● **Exercise aim**:
Nothing may be dropped. Retype the whole listing exactly.

● **Data listing**:
------------------------------------

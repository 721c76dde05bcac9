-- ===== src/Tests/Actions.antt =====
-- The actions, the menu and the console on a session with two nodes and an open connection.
use workflowui.Base.{ℕ, ◌≡◌, ◌++◌, refl, String, true, false, none, some, [], ◌∷◌, Memᴰ, inl}
use workflowui.Store.{set_running}
use workflowui.Debug
use workflowui.Debug.{add_breakpoint, set_paused_at}
use workflowui.Ws.{
  is_ready, run, step, connect, on_open, call, notification, default_call_timeout_ms,
}
use workflowui.Actions.{
  Session, Wire, RunNode, RunRequest, on_flow, on_debug, run_or_resume, stop, toggle_breakpoint_at,
}
use workflowui.Actions
use workflowui.Actions.Request.{entry}
use workflowui.Actions.Run.{run_includes}
use workflowui.Actions.Pause.{run_or_resume_stopped}
use workflowui.Menu.{MenuState, toggle_breakpoint}
use workflowui.Menu.Agree.{toggle_breakpoint-toggle_breakpoint_at}
use workflowui.Console.{ButtonName, click, action}
use workflowui.Console.Buttons.{click-action}
use workflowui.Tests.Store.{small, node_of, edge_of}
use workflowui.Tests.Ws.{subscribed, subscribed_connected}
use workflowui.Tests.Runner.{start}

-- what the requests are sent as does not matter here
abbrev wire : Wire ℕ
wire = record { of_request = λ q. 1; of_node_id = λ id. 2; run_id = λ v. some "run-3" }

abbrev pub desk : Session ℕ ℕ
desk = record { runner = start; client = subscribed; downloads = []; picker_clicks = 0 }

-- a run that is paused at "b", where a disabled breakpoint stands
abbrev paused : Session ℕ ℕ
paused =
    on_debug (λ d. Debug.toggle_breakpoint "b" (add_breakpoint "b" (set_paused_at (some "b") d)))
      (on_flow (set_running true) desk)

abbrev menu_of : String → MenuState ℕ
menu_of id = record { x = 1; y = 2; node_id = id }

b_shown : Memᴰ (node_of "b" "second") small.nodes
b_shown = Memᴰ.tail (Memᴰ.head refl)

run_includes_example :
    (q : RunRequest ℕ) × ((Actions.run wire desk).client
      ≡ call "workflow.execute" (some (wire.of_request q)) default_call_timeout_ms desk.client)
    × Memᴰ (entry (node_of "b" "second")) q.nodes
run_includes_example =
    run_includes wire desk (node_of "b" "second") (edge_of "f" "b" "b") refl subscribed_connected
      b_shown (Memᴰ.tail (Memᴰ.head refl)) (inl refl)

subscribed_ready : is_ready subscribed ≡ true
unfolding run step connect on_open
subscribed_ready = refl

paused_busy : paused.runner.workflow.is_running ≡ true
unfolding set_running
paused_busy = refl

run_or_resume_stopped_example :
    let t = run_or_resume wire (stop paused) in
    (t.client.outputs
      ≡ (paused.client.outputs ++ notification "workflow.stop" none ∷ [])
        ++ notification "debug.continue" none ∷ [])
    × (t.runner.workflow.is_running ≡ false)
    × (t.runner.debug.paused_at_node_id ≡ none)
unfolding set_paused_at add_breakpoint Debug.toggle_breakpoint Debug.find_breakpoint
run_or_resume_stopped_example = run_or_resume_stopped wire paused paused_busy refl subscribed_ready

toggle_breakpoint-toggle_breakpoint_at_example :
    toggle_breakpoint wire (menu_of "a") desk
    ≡ record { session = toggle_breakpoint_at wire "a" desk; menu = none }
toggle_breakpoint-toggle_breakpoint_at_example =
    toggle_breakpoint-toggle_breakpoint_at wire (menu_of "a") desk refl

-- the run button while a run is going on, when it is disabled
click-action_example :
    click wire ButtonName.run_button paused ≡ action wire ButtonName.run_button paused
click-action_example = click-action wire ButtonName.run_button paused
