-- ===== src/Tests/Canvas.antt =====
-- The canvas on a graph with a loop, and on gestures.
use workflowui.Base.{◌≡◌, ℕ, String, true, false, none, some, List, [], ◌∷◌, map}
use workflowui.Ports.{ConnectionLike}
use workflowui.Canvas.{Canvas, View, EdgeLook, edge_look, on_connect_start, on_connect_end}
use workflowui.Canvas.Cache.{fresh_classes, render_all, render_all_lem}
use workflowui.Canvas.Gesture.{ask_all, last_reason, closed_with, gesture_lem}
use workflowui.Tests.Store.{small, edge_of, node_of}
use workflowui.Tests.Actions.{desk}

-- the same node with a breakpoint and without, after another that is gone by then
abbrev views : List (View ℕ ℕ)
views =
    record {
      nodes = small.nodes;
      selected_id = some "a";
      breakpoints = record { node_id = "b"; enabled = true } ∷ [];
    }
    ∷ record { nodes = node_of "b" "second" ∷ []; selected_id = none; breakpoints = [] }
    ∷ []

render_all_lem_example : render_all views [] ≡ map (λ v. fresh_classes v v.nodes) views
render_all_lem_example = render_all_lem views

abbrev image_edges : ℕ → String
image_edges n = "image"

abbrev looped : EdgeLook ℕ
looped = edge_look true false "image" (edge_of "f" "b" "b")

abbrev canvas : Canvas ℕ ℕ
canvas = record { session = desk; last_rejection = none; context_menu = none }

abbrev to : String → String → ConnectionLike
to id handle = record {
  source = some "a";
  source_handle = some "net_handle";
  target = some id;
  target_handle = some handle;
}

-- from a node to itself, which does not fit, and then to another
gesture_lem_example :
    let conns = to "a" "net_handle" ∷ to "b" "net_handle" ∷ [] in
    on_connect_end (ask_all conns (on_connect_start canvas))
    ≡ closed_with (last_reason canvas conns none) canvas
gesture_lem_example = gesture_lem (to "a" "net_handle" ∷ to "b" "net_handle" ∷ []) canvas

------------------------------------

● **Exercise answer**:
repository 721c76dde05bcac9
-- ===== src/Tests/Actions.antt =====
-- The actions, the menu and the console on a session with two nodes and an open connection.
use workflowui.Base.{ℕ, ◌≡◌, ◌++◌, refl, String, true, false, none, some, [], ◌∷◌, Memᴰ, inl}
use workflowui.Store.{set_running}
use workflowui.Debug
use workflowui.Debug.{add_breakpoint, set_paused_at}
use workflowui.Ws.{
  is_ready, run, step, connect, on_open, call, notification, default_call_timeout_ms,
}
use workflowui.Actions.{
  Session, Wire, RunNode, RunRequest, on_flow, on_debug, run_or_resume, stop, toggle_breakpoint_at,
}
use workflowui.Actions
use workflowui.Actions.Request.{entry}
use workflowui.Actions.Run.{run_includes}
use workflowui.Actions.Pause.{run_or_resume_stopped}
use workflowui.Menu.{MenuState, toggle_breakpoint}
use workflowui.Menu.Agree.{toggle_breakpoint-toggle_breakpoint_at}
use workflowui.Console.{ButtonName, click, action}
use workflowui.Console.Buttons.{click-action}
use workflowui.Tests.Store.{small, node_of, edge_of}
use workflowui.Tests.Ws.{subscribed, subscribed_connected}
use workflowui.Tests.Runner.{start}

-- what the requests are sent as does not matter here
abbrev wire : Wire ℕ
wire = record { of_request = λ q. 1; of_node_id = λ id. 2; run_id = λ v. some "run-3" }

abbrev pub desk : Session ℕ ℕ
desk = record { runner = start; client = subscribed; downloads = []; picker_clicks = 0 }

-- a run that is paused at "b", where a disabled breakpoint stands
abbrev paused : Session ℕ ℕ
paused =
    on_debug (λ d. Debug.toggle_breakpoint "b" (add_breakpoint "b" (set_paused_at (some "b") d)))
      (on_flow (set_running true) desk)

abbrev menu_of : String → MenuState ℕ
menu_of id = record { x = 1; y = 2; node_id = id }

b_shown : Memᴰ (node_of "b" "second") small.nodes
b_shown = Memᴰ.tail (Memᴰ.head refl)

run_includes_example :
    (q : RunRequest ℕ) × ((Actions.run wire desk).client
      ≡ call "workflow.execute" (some (wire.of_request q)) default_call_timeout_ms desk.client)
    × Memᴰ (entry (node_of "b" "second")) q.nodes
run_includes_example =
    run_includes wire desk (node_of "b" "second") (edge_of "f" "b" "b") refl subscribed_connected
      b_shown (Memᴰ.tail (Memᴰ.head refl)) (inl refl)

subscribed_ready : is_ready subscribed ≡ true
unfolding run step connect on_open
subscribed_ready = refl

paused_busy : paused.runner.workflow.is_running ≡ true
unfolding set_running
paused_busy = refl

run_or_resume_stopped_example :
    let t = run_or_resume wire (stop paused) in
    (t.client.outputs
      ≡ (paused.client.outputs ++ notification "workflow.stop" none ∷ [])
        ++ notification "debug.continue" none ∷ [])
    × (t.runner.workflow.is_running ≡ false)
    × (t.runner.debug.paused_at_node_id ≡ none)
unfolding set_paused_at add_breakpoint Debug.toggle_breakpoint Debug.find_breakpoint
run_or_resume_stopped_example = run_or_resume_stopped wire paused paused_busy refl subscribed_ready

toggle_breakpoint-toggle_breakpoint_at_example :
    toggle_breakpoint wire (menu_of "a") desk
    ≡ record { session = toggle_breakpoint_at wire "a" desk; menu = none }
toggle_breakpoint-toggle_breakpoint_at_example =
    toggle_breakpoint-toggle_breakpoint_at wire (menu_of "a") desk refl

-- the run button while a run is going on, when it is disabled
click-action_example :
    click wire ButtonName.run_button paused ≡ action wire ButtonName.run_button paused
click-action_example = click-action wire ButtonName.run_button paused
-- ===== src/Tests/Canvas.antt =====
-- The canvas on a graph with a loop, and on gestures.
use workflowui.Base.{◌≡◌, ℕ, String, true, false, none, some, List, [], ◌∷◌, map}
use workflowui.Ports.{ConnectionLike}
use workflowui.Canvas.{Canvas, View, EdgeLook, edge_look, on_connect_start, on_connect_end}
use workflowui.Canvas.Cache.{fresh_classes, render_all, render_all_lem}
use workflowui.Canvas.Gesture.{ask_all, last_reason, closed_with, gesture_lem}
use workflowui.Tests.Store.{small, edge_of, node_of}
use workflowui.Tests.Actions.{desk}

-- the same node with a breakpoint and without, after another that is gone by then
abbrev views : List (View ℕ ℕ)
views =
    record {
      nodes = small.nodes;
      selected_id = some "a";
      breakpoints = record { node_id = "b"; enabled = true } ∷ [];
    }
    ∷ record { nodes = node_of "b" "second" ∷ []; selected_id = none; breakpoints = [] }
    ∷ []

render_all_lem_example : render_all views [] ≡ map (λ v. fresh_classes v v.nodes) views
render_all_lem_example = render_all_lem views

abbrev image_edges : ℕ → String
image_edges n = "image"

abbrev looped : EdgeLook ℕ
looped = edge_look true false "image" (edge_of "f" "b" "b")

abbrev canvas : Canvas ℕ ℕ
canvas = record { session = desk; last_rejection = none; context_menu = none }

abbrev to : String → String → ConnectionLike
to id handle = record {
  source = some "a";
  source_handle = some "net_handle";
  target = some id;
  target_handle = some handle;
}

-- from a node to itself, which does not fit, and then to another
gesture_lem_example :
    let conns = to "a" "net_handle" ∷ to "b" "net_handle" ∷ [] in
    on_connect_end (ask_all conns (on_connect_start canvas))
    ≡ closed_with (last_reason canvas conns none) canvas
gesture_lem_example = gesture_lem (to "a" "net_handle" ∷ to "b" "net_handle" ∷ []) canvas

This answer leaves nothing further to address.